# [What you need to do]
Below are some records. Print exactly the lines between the one holding "λ e. cc (somebody, (bytes_eqb_iff" and the one holding "(config : Config W) (group owner : Bytes)", inclusive, and nothing else.

Stored items
• • •

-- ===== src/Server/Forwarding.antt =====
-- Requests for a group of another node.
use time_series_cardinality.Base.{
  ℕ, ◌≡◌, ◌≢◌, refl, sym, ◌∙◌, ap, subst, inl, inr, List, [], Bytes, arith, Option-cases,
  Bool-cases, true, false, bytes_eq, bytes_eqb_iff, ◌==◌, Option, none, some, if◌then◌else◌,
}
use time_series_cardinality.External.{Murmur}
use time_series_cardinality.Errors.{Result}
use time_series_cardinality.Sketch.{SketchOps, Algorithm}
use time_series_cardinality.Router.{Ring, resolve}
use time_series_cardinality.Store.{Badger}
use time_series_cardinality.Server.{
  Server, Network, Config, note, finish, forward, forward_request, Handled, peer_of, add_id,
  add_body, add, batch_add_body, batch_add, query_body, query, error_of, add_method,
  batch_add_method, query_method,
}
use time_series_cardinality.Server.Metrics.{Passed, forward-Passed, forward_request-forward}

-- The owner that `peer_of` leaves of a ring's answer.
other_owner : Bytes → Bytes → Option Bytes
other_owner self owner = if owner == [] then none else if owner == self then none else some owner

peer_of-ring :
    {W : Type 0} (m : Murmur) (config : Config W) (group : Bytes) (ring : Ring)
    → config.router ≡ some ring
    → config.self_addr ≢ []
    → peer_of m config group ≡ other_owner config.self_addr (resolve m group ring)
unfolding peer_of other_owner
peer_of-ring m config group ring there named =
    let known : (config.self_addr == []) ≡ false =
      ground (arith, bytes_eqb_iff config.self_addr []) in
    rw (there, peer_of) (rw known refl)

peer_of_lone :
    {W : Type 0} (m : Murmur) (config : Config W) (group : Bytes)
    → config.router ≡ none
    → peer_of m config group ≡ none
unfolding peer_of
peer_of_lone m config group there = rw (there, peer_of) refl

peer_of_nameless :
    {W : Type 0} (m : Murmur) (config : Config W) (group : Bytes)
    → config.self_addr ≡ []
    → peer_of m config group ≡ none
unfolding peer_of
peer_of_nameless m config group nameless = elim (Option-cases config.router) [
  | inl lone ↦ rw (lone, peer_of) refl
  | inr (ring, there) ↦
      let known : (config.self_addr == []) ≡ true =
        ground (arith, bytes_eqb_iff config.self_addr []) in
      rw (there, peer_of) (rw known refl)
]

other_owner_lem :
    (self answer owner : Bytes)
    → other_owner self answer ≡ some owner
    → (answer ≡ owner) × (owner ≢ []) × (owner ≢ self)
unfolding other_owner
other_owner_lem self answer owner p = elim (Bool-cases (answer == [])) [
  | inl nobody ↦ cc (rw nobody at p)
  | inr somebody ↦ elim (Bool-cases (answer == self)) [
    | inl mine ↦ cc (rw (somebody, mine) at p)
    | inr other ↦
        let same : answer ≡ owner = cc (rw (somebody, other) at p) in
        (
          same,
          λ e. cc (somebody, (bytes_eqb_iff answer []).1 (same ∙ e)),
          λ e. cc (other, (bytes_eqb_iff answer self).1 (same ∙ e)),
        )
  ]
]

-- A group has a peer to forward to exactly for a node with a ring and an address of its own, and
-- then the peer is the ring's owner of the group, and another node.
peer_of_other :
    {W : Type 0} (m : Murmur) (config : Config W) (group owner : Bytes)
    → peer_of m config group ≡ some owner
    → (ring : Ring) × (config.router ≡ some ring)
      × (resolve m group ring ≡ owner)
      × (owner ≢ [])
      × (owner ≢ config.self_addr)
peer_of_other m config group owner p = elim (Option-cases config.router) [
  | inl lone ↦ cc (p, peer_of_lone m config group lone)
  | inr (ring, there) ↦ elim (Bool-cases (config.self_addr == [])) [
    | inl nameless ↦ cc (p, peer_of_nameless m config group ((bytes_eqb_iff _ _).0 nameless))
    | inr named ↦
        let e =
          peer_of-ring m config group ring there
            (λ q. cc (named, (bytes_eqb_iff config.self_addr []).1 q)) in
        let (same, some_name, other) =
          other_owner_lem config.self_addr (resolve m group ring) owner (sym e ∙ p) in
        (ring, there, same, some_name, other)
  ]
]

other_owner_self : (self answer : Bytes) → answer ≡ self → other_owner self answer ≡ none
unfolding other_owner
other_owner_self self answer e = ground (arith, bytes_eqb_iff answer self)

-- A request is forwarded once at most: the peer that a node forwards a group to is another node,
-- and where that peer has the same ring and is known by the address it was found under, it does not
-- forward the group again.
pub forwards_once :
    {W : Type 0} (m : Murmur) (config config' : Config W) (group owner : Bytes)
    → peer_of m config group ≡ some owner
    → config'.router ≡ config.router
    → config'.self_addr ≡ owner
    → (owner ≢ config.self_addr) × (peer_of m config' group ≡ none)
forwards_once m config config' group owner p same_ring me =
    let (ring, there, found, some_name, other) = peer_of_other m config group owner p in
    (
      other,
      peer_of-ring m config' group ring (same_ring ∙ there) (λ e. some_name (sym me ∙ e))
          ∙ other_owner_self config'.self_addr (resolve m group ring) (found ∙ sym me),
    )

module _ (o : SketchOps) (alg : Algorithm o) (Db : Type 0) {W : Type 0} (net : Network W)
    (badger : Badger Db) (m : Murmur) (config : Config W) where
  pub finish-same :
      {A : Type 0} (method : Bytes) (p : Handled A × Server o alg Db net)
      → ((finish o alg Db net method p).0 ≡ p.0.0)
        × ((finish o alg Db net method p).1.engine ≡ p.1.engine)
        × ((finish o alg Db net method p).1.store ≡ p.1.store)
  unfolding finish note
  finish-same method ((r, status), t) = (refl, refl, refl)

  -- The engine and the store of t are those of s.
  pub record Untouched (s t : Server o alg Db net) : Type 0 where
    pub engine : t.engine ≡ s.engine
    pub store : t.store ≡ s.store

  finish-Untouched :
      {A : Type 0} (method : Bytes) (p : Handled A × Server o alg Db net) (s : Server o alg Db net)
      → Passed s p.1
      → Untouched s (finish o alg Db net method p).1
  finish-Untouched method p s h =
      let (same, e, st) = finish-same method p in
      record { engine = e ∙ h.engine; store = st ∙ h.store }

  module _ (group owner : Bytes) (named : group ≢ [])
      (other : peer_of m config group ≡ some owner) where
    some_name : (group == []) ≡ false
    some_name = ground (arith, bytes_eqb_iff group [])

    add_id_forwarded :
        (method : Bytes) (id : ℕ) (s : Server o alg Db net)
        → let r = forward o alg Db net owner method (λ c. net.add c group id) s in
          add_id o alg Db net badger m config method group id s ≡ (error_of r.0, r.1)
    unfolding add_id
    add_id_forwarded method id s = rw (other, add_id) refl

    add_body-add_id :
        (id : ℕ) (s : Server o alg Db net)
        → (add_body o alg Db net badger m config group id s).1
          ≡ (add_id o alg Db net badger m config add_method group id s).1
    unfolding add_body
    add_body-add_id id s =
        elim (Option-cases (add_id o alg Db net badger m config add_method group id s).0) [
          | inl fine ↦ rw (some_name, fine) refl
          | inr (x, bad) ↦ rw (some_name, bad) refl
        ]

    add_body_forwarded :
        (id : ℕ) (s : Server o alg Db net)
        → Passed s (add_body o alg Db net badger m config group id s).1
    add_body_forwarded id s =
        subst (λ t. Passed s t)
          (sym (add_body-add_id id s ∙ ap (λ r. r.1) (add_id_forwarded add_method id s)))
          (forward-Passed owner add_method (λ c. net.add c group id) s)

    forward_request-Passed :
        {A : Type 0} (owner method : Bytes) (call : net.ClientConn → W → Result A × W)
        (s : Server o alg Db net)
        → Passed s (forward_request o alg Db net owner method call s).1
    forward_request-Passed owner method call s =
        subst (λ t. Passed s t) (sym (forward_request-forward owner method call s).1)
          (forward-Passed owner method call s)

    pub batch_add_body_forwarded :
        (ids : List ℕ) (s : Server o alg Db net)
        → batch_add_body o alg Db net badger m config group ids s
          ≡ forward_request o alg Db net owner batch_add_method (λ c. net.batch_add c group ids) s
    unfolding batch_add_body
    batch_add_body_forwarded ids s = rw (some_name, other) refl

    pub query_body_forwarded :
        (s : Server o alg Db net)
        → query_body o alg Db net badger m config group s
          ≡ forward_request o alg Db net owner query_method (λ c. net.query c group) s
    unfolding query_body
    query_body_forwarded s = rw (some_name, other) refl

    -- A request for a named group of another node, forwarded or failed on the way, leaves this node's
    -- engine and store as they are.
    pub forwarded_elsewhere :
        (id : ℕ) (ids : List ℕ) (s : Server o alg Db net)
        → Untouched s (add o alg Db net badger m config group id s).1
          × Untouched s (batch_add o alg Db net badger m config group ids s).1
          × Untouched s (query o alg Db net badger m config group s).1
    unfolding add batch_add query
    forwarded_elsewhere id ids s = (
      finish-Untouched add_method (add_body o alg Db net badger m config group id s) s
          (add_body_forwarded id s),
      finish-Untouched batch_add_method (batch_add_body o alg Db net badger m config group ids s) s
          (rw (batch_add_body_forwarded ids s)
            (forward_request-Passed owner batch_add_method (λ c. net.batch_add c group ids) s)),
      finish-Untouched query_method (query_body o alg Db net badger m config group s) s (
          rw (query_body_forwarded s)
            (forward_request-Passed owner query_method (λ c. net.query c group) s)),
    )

• • •

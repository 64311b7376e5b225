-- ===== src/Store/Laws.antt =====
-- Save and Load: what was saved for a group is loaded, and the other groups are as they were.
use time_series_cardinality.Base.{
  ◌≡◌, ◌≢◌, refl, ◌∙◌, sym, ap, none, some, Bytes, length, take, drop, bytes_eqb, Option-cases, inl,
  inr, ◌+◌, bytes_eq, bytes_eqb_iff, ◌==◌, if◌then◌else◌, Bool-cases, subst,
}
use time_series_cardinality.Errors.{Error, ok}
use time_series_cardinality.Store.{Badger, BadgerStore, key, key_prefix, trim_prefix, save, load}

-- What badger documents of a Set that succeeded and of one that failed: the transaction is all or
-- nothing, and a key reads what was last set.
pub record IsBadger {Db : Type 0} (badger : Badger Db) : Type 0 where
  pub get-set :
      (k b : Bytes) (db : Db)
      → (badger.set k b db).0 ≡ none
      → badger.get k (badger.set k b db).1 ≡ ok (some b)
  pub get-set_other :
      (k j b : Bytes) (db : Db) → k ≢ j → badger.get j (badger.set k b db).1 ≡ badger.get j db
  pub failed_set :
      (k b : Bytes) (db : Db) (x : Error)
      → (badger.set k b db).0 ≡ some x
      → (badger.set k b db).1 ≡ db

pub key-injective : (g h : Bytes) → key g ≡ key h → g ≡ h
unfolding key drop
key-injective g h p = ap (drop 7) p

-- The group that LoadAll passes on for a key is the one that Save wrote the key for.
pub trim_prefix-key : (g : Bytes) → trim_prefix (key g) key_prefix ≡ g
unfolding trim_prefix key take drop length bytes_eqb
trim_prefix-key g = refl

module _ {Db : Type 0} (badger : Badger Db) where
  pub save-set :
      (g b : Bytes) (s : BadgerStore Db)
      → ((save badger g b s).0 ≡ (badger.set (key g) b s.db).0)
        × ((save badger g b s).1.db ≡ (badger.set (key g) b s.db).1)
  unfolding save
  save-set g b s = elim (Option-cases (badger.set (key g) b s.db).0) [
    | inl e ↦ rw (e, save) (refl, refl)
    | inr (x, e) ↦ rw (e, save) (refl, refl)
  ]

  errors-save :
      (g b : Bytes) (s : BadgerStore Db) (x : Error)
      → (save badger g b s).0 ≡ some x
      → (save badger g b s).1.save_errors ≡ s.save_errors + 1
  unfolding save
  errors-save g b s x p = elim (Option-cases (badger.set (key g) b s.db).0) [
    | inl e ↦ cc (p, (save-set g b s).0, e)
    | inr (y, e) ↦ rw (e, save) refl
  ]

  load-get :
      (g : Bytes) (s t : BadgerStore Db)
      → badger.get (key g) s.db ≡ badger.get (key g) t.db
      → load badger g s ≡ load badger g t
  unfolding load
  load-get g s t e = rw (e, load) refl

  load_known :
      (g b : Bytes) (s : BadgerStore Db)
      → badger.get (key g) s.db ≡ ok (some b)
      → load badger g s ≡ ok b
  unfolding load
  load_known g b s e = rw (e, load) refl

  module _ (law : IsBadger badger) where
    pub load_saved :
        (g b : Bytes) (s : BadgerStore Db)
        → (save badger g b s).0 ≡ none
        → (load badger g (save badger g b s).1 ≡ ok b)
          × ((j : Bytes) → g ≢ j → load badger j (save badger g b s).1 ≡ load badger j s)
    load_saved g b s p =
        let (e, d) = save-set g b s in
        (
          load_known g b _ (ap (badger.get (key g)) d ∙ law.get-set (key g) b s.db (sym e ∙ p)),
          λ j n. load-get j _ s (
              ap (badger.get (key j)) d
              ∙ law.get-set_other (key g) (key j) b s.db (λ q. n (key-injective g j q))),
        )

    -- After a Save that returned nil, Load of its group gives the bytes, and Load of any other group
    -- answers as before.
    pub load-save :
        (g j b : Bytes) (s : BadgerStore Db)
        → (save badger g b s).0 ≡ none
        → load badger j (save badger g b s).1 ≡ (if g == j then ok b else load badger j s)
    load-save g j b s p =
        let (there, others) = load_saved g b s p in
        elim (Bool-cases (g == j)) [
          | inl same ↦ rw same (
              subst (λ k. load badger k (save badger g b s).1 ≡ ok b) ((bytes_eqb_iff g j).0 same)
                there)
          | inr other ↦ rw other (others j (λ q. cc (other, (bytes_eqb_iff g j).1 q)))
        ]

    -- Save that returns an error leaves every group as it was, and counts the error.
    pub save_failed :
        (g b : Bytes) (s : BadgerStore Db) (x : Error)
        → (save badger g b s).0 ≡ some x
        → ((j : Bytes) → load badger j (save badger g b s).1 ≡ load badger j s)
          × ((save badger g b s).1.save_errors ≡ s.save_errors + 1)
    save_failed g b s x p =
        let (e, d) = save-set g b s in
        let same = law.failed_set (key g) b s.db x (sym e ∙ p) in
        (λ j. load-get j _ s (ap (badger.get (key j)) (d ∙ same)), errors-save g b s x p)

• • •

# [Written solution]
          λ e. cc (somebody, (bytes_eqb_iff answer []).1 (same ∙ e)),
          λ e. cc (other, (bytes_eqb_iff answer self).1 (same ∙ e)),
        )
  ]
]

-- A group has a peer to forward to exactly for a node with a ring and an address of its own, and
-- then the peer is the ring's owner of the group, and another node.
peer_of_other :
    {W : Type 0} (m : Murmur) (config : Config W) (group owner : Bytes)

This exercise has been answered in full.